Dressed in a suit and speaking in hushed tones about the Garden of Eden, Rabbi Stephen Pearce seemed out of place standing before several hundred environmentalists in Justin Herman Plaza during a San Francisco rally last Friday.

But when the spiritual leader of San Francisco’s Congregation Emanu-El proclaimed that the redwoods “don’t belong to industrialists who hold title to sacred space. We’re the stewards of God’s gifts,” it was as if Pearce were preaching to his own. Which, in a sense, he was.

Three days before a moratorium on logging in the Headwaters forest was due to expire and hours before a deal was cut, Pearce and about half a dozen of Northern California’s social and political leaders urged protection of the world’s last ancient redwoods at the noontime rally.

Late Friday night in Washington, Sen. Dianne Feinstein and Deputy Interior Secretary John Garamendi hammered out a deal with Charles Hurwitz, owner of Maxxam Inc., the parent company of Pacific Lumber, and owner of the disputed Headwaters forest and other redwood groves in Humboldt County.

The trade includes $380 million in cash and yet-undetermined public property for the creation of a 7,500-acre public preserve of redwoods. Hurwitz will retain 200,000 acres of land in Humboldt County and also receive 8,000 acres of forest from Elk River Timber. However, Hurwitz cannot salvage log the trade areas for the next 10 months.

Reactions to the deal are mixed. Some environmentalist believe the logging restrictions are not strict enough. Others are relieved.

“In many ways this is a good symbolic victory for the environmentalists,” said Rabbi Lester Scharnberg of Temple Beth El in Eureka in a phone interview. “I’m not really sure if we look at it in the context of what would be just, as opposed to legal, if real justice is served, though.”

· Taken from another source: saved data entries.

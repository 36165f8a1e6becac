-- ===== src/Correct/Emission/Expr.antt =====
-- The code that `emitExpr` emits for an expression computes what the expression evaluates to.
use Prim.Native.Nat.{max}
use mathlib.Core.Path.{subst}
use mathlib.Core.List.{reverse_aux}
use risk_engine.Prelude.{
  ℕ, ◌+◌, ◌≡◌, refl, sym, ◌∙◌, ap, Bool, true, false, not, some, List, ◌∷◌, length, get_elem?,
  arith, Bool-cases, inl, inr, if◌then◌else◌,
}
use risk_engine.Outcome.{Outcome, ok, err, panic, ◌>>=◌, bind_assoc}
use risk_engine.Operators.{BinaryOp}
use risk_engine.Value.{Value, bool, list, object, ValueMap, values}
use risk_engine.Accessor.{EvalContext, FactorValueAccessor, get, or_null}
use risk_engine.Runtime.{Floats, truthy_bool}
use risk_engine.Evaluator.{eval_binary_op, run_binary, eval_operands, eval_conditional}
use risk_engine.Bound.{
  BoundExpr, list, BoundExprs, BoundEntries, args_length, entries_length, eval, eval_args,
  eval_entries, run_function,
}
use risk_engine.Bytecode.{OpCode, instr, Formatter}
use risk_engine.Bytecode.Emit.{
  Emission, append, append_interned, push_constant, intern_const, intern_accessor, intern_builtin,
  patch, binary_opcode,
}
use risk_engine.Bytecode.Peephole.{keeps}
use risk_engine.Bytecode.Vm.{exec_instruction, build_map, eval_binary_values}
use risk_engine.Correct.WellBound.{
  BoolOperands, BoolOperandsArgs, BoolOperandsEntries, NeedsBool, IsBool, function_name_of,
}
use risk_engine.Correct.Layout.{length-reverse_aux}
use risk_engine.Correct.Tables.{
  KeysSound, Indexed, intern_const-Interned, intern_accessor-Interned, intern_builtin-Interned,
}
use risk_engine.Correct.Needs.{
  stack_need, stack_need_args, stack_need_entries, stack_need-pos, args_length-le,
  entries_length-le, length-eval_args, entry_values, length-entry_values, eval_entries-build_map,
}
use risk_engine.Correct.Computes.{push_one}
use risk_engine.Correct.Branch.{Forks}
use risk_engine.Correct.Opcodes.{
  fetch_found, binary_opcode-BinaryCode, Forks-if_false, exec-call_builtin, exec-make_list,
  exec-make_map,
}
use risk_engine.Correct.Emission.{
  Emitted, Emitted-map, Emitted-weaken, Emitted-leaf, Emitted-finish, Emitted-seq,
}
use risk_engine.Correct.Emission.Branch.{Emitted-branch}

-- A Boolean is its own truth.
bool_result :
    {D : Type 0} (m : Outcome (Value D))
    → ((v : Value D) → m ≡ ok v → IsBool v)
    → m ≡ (m >>= λ v. ok (bool (truthy_bool v)))
unfolding truthy_bool
bool_result (ok (bool b)) h = refl
bool_result (ok v) h = elim (h v refl) [ ]
bool_result (err e) h = refl
bool_result panic h = refl

-- The way that is taken when the test fails comes first in the code.
swap_ways :
    {D : Type 0} (o first second : Outcome (Value D))
    → (o >>= λ v. if truthy_bool v then first else second)
      ≡ (o >>= λ v. if not (truthy_bool v) then second else first)
swap_ways (ok v) first second = elim (Bool-cases (truthy_bool v)) [
  | inl e ↦ rw e refl
  | inr e ↦ rw e refl
]
swap_ways (err e) first second = refl
swap_ways panic first second = refl

module _ {D : Type 0} ⦃fl : Floats D⦄ (fmt : Formatter D) (P : Value D → Type 0)
    (sound : KeysSound fmt P) where
  pub push_constant-Emitted :
      {Q : EvalContext D → Type 0} (v : Value D) (s : Emission D)
      → P v
      → Indexed fmt P s.compiler
      → Emitted fmt P s (push_constant fmt v s) 1 1 Q (λ _. ok v) push_one
  unfolding push_constant exec_instruction keeps
  push_constant-Emitted v s pv ix =
      let i = intern_const-Interned fmt P sound v s.compiler pv ix in
      Emitted-leaf fmt P s (push_constant fmt v s)
        (instr OpCode.push_const (intern_const fmt v s.compiler).1) refl i.indexed i.extends
        (λ _. refl)
        (λ p ctx stack tables. rw (fetch_found p.constants _ (tables.constants _ v i.found)) refl)

  pub load_factor-Emitted :
      {Q : EvalContext D → Type 0} (a : FactorValueAccessor) (s : Emission D)
      → Indexed fmt P s.compiler
      → Emitted fmt P s
          (append_interned OpCode.load_factor 0 (intern_accessor fmt a s.compiler) s)
          1
          1
          Q
          (λ ctx. ok (or_null (get a ctx)))
          push_one
  unfolding append_interned exec_instruction keeps
  load_factor-Emitted a s ix =
      let i = intern_accessor-Interned fmt P sound a s.compiler ix in
      Emitted-leaf fmt P s _ (instr OpCode.load_factor (intern_accessor fmt a s.compiler).1) refl
        i.indexed i.extends (λ _. refl)
        (λ p ctx stack tables. rw (fetch_found p.accessors _ (tables.accessors _ a i.found)) refl)

  -- An operator that evaluates both operands.
  pub strict-Emitted :
      {s s₁ s₂ : Emission D} (l r : BoundExpr D) (op : BinaryOp) (code : OpCode)
      → binary_opcode op ≡ ok code
      → Emitted fmt P s s₁ (stack_need l) 1 (BoolOperands l) (eval l) push_one
      → Emitted fmt P s₁ s₂ (stack_need r) 1 (BoolOperands r) (eval r) push_one
      → Emitted fmt P s
          (append (instr code 0) s₂)
          (max 1 (max (stack_need l) (1 + stack_need r)))
          1
          (λ ctx. BoolOperands l ctx × BoolOperands r ctx)
          (λ ctx. run_binary (eval_binary_op op) (eval l ctx) (eval r ctx))
          push_one
  unfolding append eval_operands
  strict-Emitted {s} {s₁} {s₂} l r op code known el er =
      let facts = binary_opcode-BinaryCode D op known in
      let pair : Value D → Value D → Value D × Value D = λ a b. (a, b) in
      let push : Value D × Value D → List (Value D) → List (Value D) =
        λ ab stack. ab.1 ∷ ab.0 ∷ stack in
      Emitted-map fmt P
        (Emitted-finish fmt P (append (instr code 0) s₂) (instr code 0)
          (λ ab. eval_binary_values code ab.0 ab.1)
          (Emitted-seq fmt P 1 pair push el er (λ a stack. omega arith) (λ a b stack. refl)) refl
          er.indexed (λ p h. h) (λ i. facts.plain i 0 0)
          (λ ctx ab stack e. omega (arith, stack_need-pos r))
          (λ p ctx ab stack tables e. facts.exec p ctx ab.0 ab.1 stack))
        (λ ctx q. (q, facts.meaning (eval l ctx) (eval r ctx)))

  -- `&&` and `||`: the right operand is the value, when it decides.
  pub short_circuit-Emitted :
      {s s₁ s₂ : Emission D} (l r : BoundExpr D) (op : BinaryOp) (fork : OpCode) (short : Bool)
      (test : Value D → Bool)
      → Forks fork test
      → ((i target : ℕ) → keeps i (instr fork target) ≡ true)
      → NeedsBool op
      → ((o : Outcome (Value D)) (m : Outcome (Value D))
          → m ≡ (m >>= λ v. ok (bool (truthy_bool v)))
          → run_binary (eval_binary_op op) o m ≡ (o >>= λ v. if test v then ok (bool short) else m))
      → Emitted fmt P s s₁ (stack_need l) 1 (BoolOperands l) (eval l) push_one
      → Emitted fmt P
          (append (instr fork 0) s₁)
          s₂
          (stack_need r)
          1
          (BoolOperands r)
          (eval r)
          push_one
      → Emitted fmt P s
          (patch (length s₂.instructions) (
            push_constant fmt
              (bool short)
              (patch (length s₁.instructions) (append (instr OpCode.jump 0) s₂))))
          (max 1 (max (stack_need l) (1 + stack_need r)))
          1
          (λ ctx.
            (NeedsBool op → (v : Value D) → eval r ctx ≡ ok v → IsBool v)
            × BoolOperands l ctx
            × BoolOperands r ctx)
          (λ ctx. run_binary (eval_binary_op op) (eval l ctx) (eval r ctx))
          push_one
  unfolding append patch
  short_circuit-Emitted {s} {s₁} {s₂} l r op fork short test forks plain needs meaning el er =
      Emitted-map fmt P
        (Emitted-weaken fmt P
          (Emitted-branch fmt P fork test forks (λ target i. plain i target) el er
            (push_constant-Emitted {Q = λ _. Unit} (bool short)
              (patch (length s₁.instructions) (append (instr OpCode.jump 0) s₂)) (sound.bools short)
              er.indexed))
          (omega arith) (omega arith))
        (λ ctx q. (
          (q.1, q.2, tt),
          meaning (eval l ctx) (eval r ctx) (bool_result (eval r ctx) (q.0 needs)),
        ))

  pub and_meaning :
      (o m : Outcome (Value D))
      → m ≡ (m >>= λ v. ok (bool (truthy_bool v)))
      → run_binary (eval_binary_op BinaryOp.and) o m
        ≡ (o >>= λ v. if not (truthy_bool v) then ok (bool false) else m)
  unfolding run_binary eval_binary_op
  and_meaning (ok v) m e = elim (Bool-cases (truthy_bool v)) [
    | inl t ↦ rw t (sym e)
    | inr t ↦ rw t refl
  ]
  and_meaning (err x) m e = refl
  and_meaning panic m e = refl

  pub or_meaning :
      (o m : Outcome (Value D))
      → m ≡ (m >>= λ v. ok (bool (truthy_bool v)))
      → run_binary (eval_binary_op BinaryOp.or) o m
        ≡ (o >>= λ v. if truthy_bool v then ok (bool true) else m)
  unfolding run_binary eval_binary_op
  or_meaning (ok v) m e = elim (Bool-cases (truthy_bool v)) [
    | inl t ↦ rw t refl
    | inr t ↦ rw t (sym e)
  ]
  or_meaning (err x) m e = refl
  or_meaning panic m e = refl

  pub plain_if_false : (i target : ℕ) → keeps i (instr OpCode.jump_if_false target) ≡ true
  unfolding keeps
  plain_if_false i target = refl

  pub plain_if_true : (i target : ℕ) → keeps i (instr OpCode.jump_if_true target) ≡ true
  unfolding keeps
  plain_if_true i target = refl

  pub conditional-Emitted :
      {s s₁ s₂ s₃ : Emission D} (c a b : BoundExpr D)
      → Emitted fmt P s s₁ (stack_need c) 1 (BoolOperands c) (eval c) push_one
      → Emitted fmt P
          (append (instr OpCode.jump_if_false 0) s₁)
          s₂
          (stack_need a)
          1
          (BoolOperands a)
          (eval a)
          push_one
      → Emitted fmt P
          (patch (length s₁.instructions) (append (instr OpCode.jump 0) s₂))
          s₃
          (stack_need b)
          1
          (BoolOperands b)
          (eval b)
          push_one
      → Emitted fmt P s
          (patch (length s₂.instructions) s₃)
          (max 1 (max (stack_need c) (max (stack_need a) (stack_need b))))
          1
          (λ ctx. BoolOperands c ctx × BoolOperands a ctx × BoolOperands b ctx)
          (λ ctx. eval_conditional (eval c ctx) (eval a ctx) (eval b ctx))
          push_one
  unfolding eval_conditional
  conditional-Emitted c a b ec ea eb =
      Emitted-map fmt P
        (Emitted-branch fmt P OpCode.jump_if_false (λ v. not (truthy_bool v)) (Forks-if_false D)
          (λ target i. plain_if_false i target) ec ea eb)
        (λ ctx q. (q, swap_ways (eval c ctx) (eval a ctx) (eval b ctx)))

  abbrev pub ArgsEmitted : Emission D → Emission D → BoundExprs D → Type 0
  ArgsEmitted s s' es =
      Emitted fmt P s s' (stack_need_args es) 0 (BoolOperandsArgs es) (eval_args es) reverse_aux

  pub call-Emitted :
      {s s₁ : Emission D} (name : _) (ev : _) (args : BoundExprs D)
      → name ≡ function_name_of ev
      → ArgsEmitted s s₁ args
      → Emitted fmt P s
          (append_interned OpCode.call_builtin
            (args_length args)
            (intern_builtin name s₁.compiler)
            s₁)
          (max 1 (stack_need_args args))
          1
          (BoolOperandsArgs args)
          (λ ctx. eval_args args ctx >>= run_function ev)
          push_one
  unfolding append_interned keeps
  call-Emitted {s} {s₁} name ev args same ea =
      let i = intern_builtin-Interned fmt P name s₁.compiler ea.indexed in
      Emitted-finish fmt P _ _ (run_function ev) ea refl i.indexed i.extends (λ _. refl)
        (λ ctx vs stack e.
          omega
            (arith, length-reverse_aux vs stack, length-eval_args args ctx e, args_length-le args))
        (λ p ctx vs stack tables e.
          exec-call_builtin D p ctx _ (args_length args) ev vs stack
            (subst (λ f. get_elem? p.builtins (intern_builtin name s₁.compiler).1 ≡ some f) same
              (tables.builtins _ name i.found))
            (length-eval_args args ctx e))

  pub list-Emitted :
      {s s₁ : Emission D} (es : BoundExprs D)
      → ArgsEmitted s s₁ es
      → Emitted fmt P s
          (append (instr OpCode.make_list (args_length es)) s₁)
          (max 1 (stack_need_args es))
          1
          (BoolOperandsArgs es)
          (λ ctx. eval_args es ctx >>= λ vs. ok (list (values vs)))
          push_one
  unfolding append keeps
  list-Emitted {s} {s₁} es ea =
      Emitted-finish fmt P _ _ (λ vs. ok (list (values vs))) ea refl ea.indexed (λ p h. h)
        (λ _. refl)
        (λ ctx vs stack e.
          omega (arith, length-reverse_aux vs stack, length-eval_args es ctx e, args_length-le es))
        (λ p ctx vs stack tables e.
          exec-make_list D p ctx (args_length es) vs stack (length-eval_args es ctx e))

  pub map-Emitted :
      {s s₁ : Emission D} (es : BoundEntries D)
      → Emitted fmt P s s₁
          (stack_need_entries es)
          0
          (BoolOperandsEntries es)
          (entry_values es)
          reverse_aux
      → Emitted fmt P s
          (append (instr OpCode.make_map (entries_length es)) s₁)
          (max 1 (stack_need_entries es))
          1
          (BoolOperandsEntries es)
          (λ ctx. eval_entries es ctx ValueMap.empty >>= λ m. ok (object m))
          push_one
  unfolding append keeps
  map-Emitted {s} {s₁} es ea =
      Emitted-map fmt P
        (Emitted-finish fmt P _ _ (λ vs. build_map vs ValueMap.empty >>= λ m. ok (object m)) ea refl
          ea.indexed (λ p h. h) (λ _. refl)
          (λ ctx vs stack e. omega (
            arith,
            length-reverse_aux vs stack,
            length-entry_values es ctx e,
            entries_length-le es,
          ))
          (λ p ctx vs stack tables e.
            exec-make_map D p ctx (entries_length es) vs stack (length-entry_values es ctx e)))
        (λ ctx q. (
          q,
          ap (λ o. o >>= λ m. ok (object m)) (eval_entries-build_map es ctx ValueMap.empty)
              ∙ bind_assoc (entry_values es ctx) (λ vs. build_map vs ValueMap.empty)
                  (λ m. ok (object m)),
        ))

Scharnberg has been a vocal opponent of Pacific Lumber’s logging policies since Hurwitz’s takeover of the company in the 1980s. He added, “The debate of the Headwaters themselves will soon be over. But the context in which the battle is framed is much larger. We as Jews, and as spiritual leaders, have an obligation to extend our compassion and moral concerns to all of God’s creations.

“We have to expand our vision of the community of God. Traditionally we’ve seen it as people. It’s time we saw nature not as a prop but an integral part of God’s creation and God’s great plan,” Scharnberg said. “I don’t know if we can expect secular courts to come to full recognition of this, but their decision seems to be a step in the right direction.”

Meanwhile, at Friday’s rally, which concluded with a march to Feinstein’s San Francisco office, environmentalists of all stripes came together.

Organized by a number of groups, including Greenpeace, the Sierra Club and the Bay Area Coalition for Headwaters, the rally attracted local businessmen and women, students from Santa Cruz and hippies from Mendocino and Humboldt counties. Speakers ranged from former California Gov. Jerry Brown and S.F. Mayor Willie Brown to activist Judi Bari and former Grateful Dead guitarist Bob Weir.

Some wore fishhead and bear-face masks; others carried handpainted signs of support. A “wolf howl” of praise resounded when Pearce told the following parable:

Two men were fighting over a parcel of land. They asked the wisest man to determine its owner. “Let us ask the land,” the man said.

The wise man put his ear to the ground and it revealed its decision. “The land says it belongs to neither of you, but you belong to the land.”

“Our planet is dying because we think we own the land,” Pearce said. “This is contrary to our role as God’s stewards of all that lives.” Corporations show hubris, he said, by thinking they can “despoil God’s land.”

Both Jerry Brown and Willie Brown addressed political solutions for saving the forests. Environmental activists updated current activities on both sides of the debate. Weir offered perhaps the simplest message.

“The forest is mostly gone now. We can’t keep giving it away,” he said, then picked up his guitar and played “Throwing Stones.”

The crowd sang with him: “Politicians throwing stones… ashes, ashes, all fall down,” and faded out.